• _Prompt_: Among the entries below, find the line with "unfolding taken_if halted", then quote it and each following line up to and including the line with "taken_if-Calm conflict s = (refl, λ e. cc)", and nothing else.

• _Data records_:
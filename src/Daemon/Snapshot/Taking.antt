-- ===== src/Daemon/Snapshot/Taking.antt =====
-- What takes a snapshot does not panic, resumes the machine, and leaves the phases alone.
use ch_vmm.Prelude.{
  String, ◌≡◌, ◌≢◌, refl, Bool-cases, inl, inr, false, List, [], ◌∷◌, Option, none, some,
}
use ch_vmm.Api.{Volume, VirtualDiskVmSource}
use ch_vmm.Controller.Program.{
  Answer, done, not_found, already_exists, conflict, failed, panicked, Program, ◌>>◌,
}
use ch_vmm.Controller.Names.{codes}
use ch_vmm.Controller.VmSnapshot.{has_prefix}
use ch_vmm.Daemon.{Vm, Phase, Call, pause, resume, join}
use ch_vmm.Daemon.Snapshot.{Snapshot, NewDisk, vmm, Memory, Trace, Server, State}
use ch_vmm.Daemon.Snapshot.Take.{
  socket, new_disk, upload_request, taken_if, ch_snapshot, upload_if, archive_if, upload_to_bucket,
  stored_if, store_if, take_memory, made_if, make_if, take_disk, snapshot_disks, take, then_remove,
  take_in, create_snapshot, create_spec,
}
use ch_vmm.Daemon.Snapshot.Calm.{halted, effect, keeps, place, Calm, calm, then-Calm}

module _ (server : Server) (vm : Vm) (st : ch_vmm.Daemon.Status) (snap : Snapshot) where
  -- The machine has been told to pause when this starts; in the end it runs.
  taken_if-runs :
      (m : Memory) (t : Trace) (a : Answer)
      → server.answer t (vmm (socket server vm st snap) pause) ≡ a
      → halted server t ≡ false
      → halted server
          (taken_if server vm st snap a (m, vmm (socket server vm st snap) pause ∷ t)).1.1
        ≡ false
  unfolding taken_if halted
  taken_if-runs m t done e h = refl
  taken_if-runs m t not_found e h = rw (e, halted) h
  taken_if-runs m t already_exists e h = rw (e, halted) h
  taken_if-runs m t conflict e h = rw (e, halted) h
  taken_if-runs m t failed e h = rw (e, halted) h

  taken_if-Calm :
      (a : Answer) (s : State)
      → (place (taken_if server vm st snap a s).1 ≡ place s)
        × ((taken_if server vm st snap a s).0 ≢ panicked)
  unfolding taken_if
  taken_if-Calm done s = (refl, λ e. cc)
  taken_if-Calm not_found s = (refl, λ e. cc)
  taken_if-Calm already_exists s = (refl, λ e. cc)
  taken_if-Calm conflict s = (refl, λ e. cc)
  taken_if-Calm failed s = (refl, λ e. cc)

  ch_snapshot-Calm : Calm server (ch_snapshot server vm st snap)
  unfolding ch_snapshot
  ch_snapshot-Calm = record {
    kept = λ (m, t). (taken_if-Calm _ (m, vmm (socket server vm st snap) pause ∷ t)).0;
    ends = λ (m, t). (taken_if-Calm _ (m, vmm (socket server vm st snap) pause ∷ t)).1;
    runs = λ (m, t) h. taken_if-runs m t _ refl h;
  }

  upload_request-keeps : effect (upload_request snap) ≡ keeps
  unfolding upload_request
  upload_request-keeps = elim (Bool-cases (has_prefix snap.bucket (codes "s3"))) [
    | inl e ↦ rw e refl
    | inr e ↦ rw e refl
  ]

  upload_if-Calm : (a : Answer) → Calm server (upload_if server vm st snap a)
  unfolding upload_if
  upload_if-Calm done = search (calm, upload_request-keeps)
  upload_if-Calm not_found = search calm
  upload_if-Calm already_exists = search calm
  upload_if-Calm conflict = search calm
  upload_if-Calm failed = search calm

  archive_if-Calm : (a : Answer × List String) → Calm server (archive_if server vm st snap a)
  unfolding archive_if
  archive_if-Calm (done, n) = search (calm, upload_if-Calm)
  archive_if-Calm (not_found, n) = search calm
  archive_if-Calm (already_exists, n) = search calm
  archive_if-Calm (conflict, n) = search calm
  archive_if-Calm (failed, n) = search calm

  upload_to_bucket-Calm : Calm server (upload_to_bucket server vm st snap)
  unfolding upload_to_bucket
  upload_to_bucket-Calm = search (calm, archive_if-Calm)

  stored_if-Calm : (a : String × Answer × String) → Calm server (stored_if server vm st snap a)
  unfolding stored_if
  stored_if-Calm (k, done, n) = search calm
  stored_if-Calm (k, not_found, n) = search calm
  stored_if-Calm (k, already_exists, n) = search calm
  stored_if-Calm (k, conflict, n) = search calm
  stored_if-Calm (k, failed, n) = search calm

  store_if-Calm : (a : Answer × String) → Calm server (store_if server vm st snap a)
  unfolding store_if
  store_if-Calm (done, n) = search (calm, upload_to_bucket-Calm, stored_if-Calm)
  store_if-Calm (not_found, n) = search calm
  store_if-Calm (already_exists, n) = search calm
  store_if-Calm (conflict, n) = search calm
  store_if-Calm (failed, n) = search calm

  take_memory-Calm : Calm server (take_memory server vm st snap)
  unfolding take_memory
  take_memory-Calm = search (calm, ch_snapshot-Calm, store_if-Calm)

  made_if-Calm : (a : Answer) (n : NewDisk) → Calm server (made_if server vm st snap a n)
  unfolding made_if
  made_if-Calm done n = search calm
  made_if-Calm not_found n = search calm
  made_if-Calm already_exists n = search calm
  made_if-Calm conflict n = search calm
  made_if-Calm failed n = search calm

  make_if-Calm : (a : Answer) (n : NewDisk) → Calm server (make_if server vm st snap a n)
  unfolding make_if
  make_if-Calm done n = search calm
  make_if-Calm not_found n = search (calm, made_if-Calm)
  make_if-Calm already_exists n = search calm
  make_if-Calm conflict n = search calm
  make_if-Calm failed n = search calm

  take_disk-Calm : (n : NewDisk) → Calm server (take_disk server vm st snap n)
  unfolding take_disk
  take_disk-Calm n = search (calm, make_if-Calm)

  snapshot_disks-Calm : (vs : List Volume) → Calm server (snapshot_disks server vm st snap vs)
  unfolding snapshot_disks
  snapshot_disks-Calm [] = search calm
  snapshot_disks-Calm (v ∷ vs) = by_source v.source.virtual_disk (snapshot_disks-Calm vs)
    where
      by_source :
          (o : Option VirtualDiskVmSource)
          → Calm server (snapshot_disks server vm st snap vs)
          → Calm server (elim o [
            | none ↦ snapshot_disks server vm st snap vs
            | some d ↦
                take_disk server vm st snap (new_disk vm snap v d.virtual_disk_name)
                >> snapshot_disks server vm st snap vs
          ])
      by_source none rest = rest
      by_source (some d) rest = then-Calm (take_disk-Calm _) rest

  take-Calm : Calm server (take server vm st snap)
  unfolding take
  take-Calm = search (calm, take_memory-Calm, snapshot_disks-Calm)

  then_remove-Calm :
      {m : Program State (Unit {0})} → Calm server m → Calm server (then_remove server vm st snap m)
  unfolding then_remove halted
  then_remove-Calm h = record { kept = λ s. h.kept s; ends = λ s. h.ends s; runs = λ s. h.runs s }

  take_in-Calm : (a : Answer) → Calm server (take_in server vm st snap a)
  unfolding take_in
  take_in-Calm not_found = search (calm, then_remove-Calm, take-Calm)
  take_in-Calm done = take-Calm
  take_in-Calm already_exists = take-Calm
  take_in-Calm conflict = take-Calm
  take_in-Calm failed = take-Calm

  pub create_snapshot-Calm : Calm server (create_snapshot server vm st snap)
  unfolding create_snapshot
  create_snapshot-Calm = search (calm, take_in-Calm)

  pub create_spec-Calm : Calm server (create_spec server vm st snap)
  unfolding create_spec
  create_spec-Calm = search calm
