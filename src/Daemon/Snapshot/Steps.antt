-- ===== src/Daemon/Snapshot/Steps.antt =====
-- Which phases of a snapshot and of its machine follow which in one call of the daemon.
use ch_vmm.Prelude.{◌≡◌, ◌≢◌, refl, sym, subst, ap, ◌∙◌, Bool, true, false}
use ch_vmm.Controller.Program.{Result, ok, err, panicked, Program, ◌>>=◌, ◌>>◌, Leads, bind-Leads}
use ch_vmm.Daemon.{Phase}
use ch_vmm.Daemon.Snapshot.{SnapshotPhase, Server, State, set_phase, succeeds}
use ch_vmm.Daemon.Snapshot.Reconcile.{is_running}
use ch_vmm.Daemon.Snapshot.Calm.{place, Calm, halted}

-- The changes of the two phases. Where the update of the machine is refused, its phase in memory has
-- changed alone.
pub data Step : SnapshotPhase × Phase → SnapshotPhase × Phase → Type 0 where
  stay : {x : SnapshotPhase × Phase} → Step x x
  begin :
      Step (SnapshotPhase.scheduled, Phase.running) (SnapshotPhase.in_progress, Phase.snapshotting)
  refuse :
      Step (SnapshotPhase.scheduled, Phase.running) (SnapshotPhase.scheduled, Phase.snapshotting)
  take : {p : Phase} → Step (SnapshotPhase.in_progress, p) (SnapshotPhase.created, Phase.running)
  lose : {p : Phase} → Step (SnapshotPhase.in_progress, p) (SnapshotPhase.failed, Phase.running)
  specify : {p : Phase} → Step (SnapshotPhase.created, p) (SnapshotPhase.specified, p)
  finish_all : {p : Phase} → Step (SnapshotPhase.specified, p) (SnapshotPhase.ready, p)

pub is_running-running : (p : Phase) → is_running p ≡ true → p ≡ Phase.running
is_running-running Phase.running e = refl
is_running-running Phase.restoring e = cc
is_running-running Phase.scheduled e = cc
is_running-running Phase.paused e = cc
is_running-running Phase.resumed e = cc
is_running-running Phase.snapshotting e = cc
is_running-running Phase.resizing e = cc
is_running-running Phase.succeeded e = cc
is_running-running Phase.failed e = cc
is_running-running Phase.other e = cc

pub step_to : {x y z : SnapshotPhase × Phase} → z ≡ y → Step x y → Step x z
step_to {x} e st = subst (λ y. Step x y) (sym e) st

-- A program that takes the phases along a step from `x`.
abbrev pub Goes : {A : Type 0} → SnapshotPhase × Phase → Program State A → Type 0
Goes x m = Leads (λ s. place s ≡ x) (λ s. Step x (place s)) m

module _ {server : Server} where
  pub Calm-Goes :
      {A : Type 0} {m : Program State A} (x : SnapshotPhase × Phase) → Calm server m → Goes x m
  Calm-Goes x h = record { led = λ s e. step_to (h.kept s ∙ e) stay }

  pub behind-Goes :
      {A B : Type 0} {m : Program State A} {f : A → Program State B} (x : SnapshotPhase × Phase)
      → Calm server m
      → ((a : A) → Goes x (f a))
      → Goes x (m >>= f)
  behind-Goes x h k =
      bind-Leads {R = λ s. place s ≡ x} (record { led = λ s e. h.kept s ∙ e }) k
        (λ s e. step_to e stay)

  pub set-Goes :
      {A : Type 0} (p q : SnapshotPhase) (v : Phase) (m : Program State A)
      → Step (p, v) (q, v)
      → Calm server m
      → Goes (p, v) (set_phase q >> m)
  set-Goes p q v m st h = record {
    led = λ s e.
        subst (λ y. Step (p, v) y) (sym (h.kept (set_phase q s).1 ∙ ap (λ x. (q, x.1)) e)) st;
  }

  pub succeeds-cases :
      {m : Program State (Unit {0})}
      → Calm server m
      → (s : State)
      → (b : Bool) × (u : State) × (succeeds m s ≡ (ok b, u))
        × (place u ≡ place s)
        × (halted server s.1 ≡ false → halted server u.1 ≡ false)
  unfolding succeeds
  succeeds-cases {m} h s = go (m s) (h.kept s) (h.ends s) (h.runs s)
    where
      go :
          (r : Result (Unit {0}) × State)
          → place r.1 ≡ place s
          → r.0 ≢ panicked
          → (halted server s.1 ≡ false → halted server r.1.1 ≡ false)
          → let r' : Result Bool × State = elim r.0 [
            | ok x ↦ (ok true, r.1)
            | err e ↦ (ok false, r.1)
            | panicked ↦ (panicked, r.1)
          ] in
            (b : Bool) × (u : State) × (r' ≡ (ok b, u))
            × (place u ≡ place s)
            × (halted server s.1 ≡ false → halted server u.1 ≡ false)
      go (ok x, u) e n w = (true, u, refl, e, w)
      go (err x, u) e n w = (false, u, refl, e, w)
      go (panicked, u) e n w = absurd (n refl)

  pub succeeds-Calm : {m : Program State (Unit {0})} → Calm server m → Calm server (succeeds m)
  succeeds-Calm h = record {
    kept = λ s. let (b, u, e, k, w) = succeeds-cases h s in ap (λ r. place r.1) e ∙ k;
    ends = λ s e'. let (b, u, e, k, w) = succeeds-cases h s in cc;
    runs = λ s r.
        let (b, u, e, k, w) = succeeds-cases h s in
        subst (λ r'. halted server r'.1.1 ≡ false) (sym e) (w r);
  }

• _Completed task_:
  unfolding taken_if halted
  taken_if-runs m t done e h = refl
  taken_if-runs m t not_found e h = rw (e, halted) h
  taken_if-runs m t already_exists e h = rw (e, halted) h
  taken_if-runs m t conflict e h = rw (e, halted) h
  taken_if-runs m t failed e h = rw (e, halted) h

  taken_if-Calm :
      (a : Answer) (s : State)
      → (place (taken_if server vm st snap a s).1 ≡ place s)
        × ((taken_if server vm st snap a s).0 ≢ panicked)
  unfolding taken_if
  taken_if-Calm done s = (refl, λ e. cc)
  taken_if-Calm not_found s = (refl, λ e. cc)
  taken_if-Calm already_exists s = (refl, λ e. cc)
  taken_if-Calm conflict s = (refl, λ e. cc)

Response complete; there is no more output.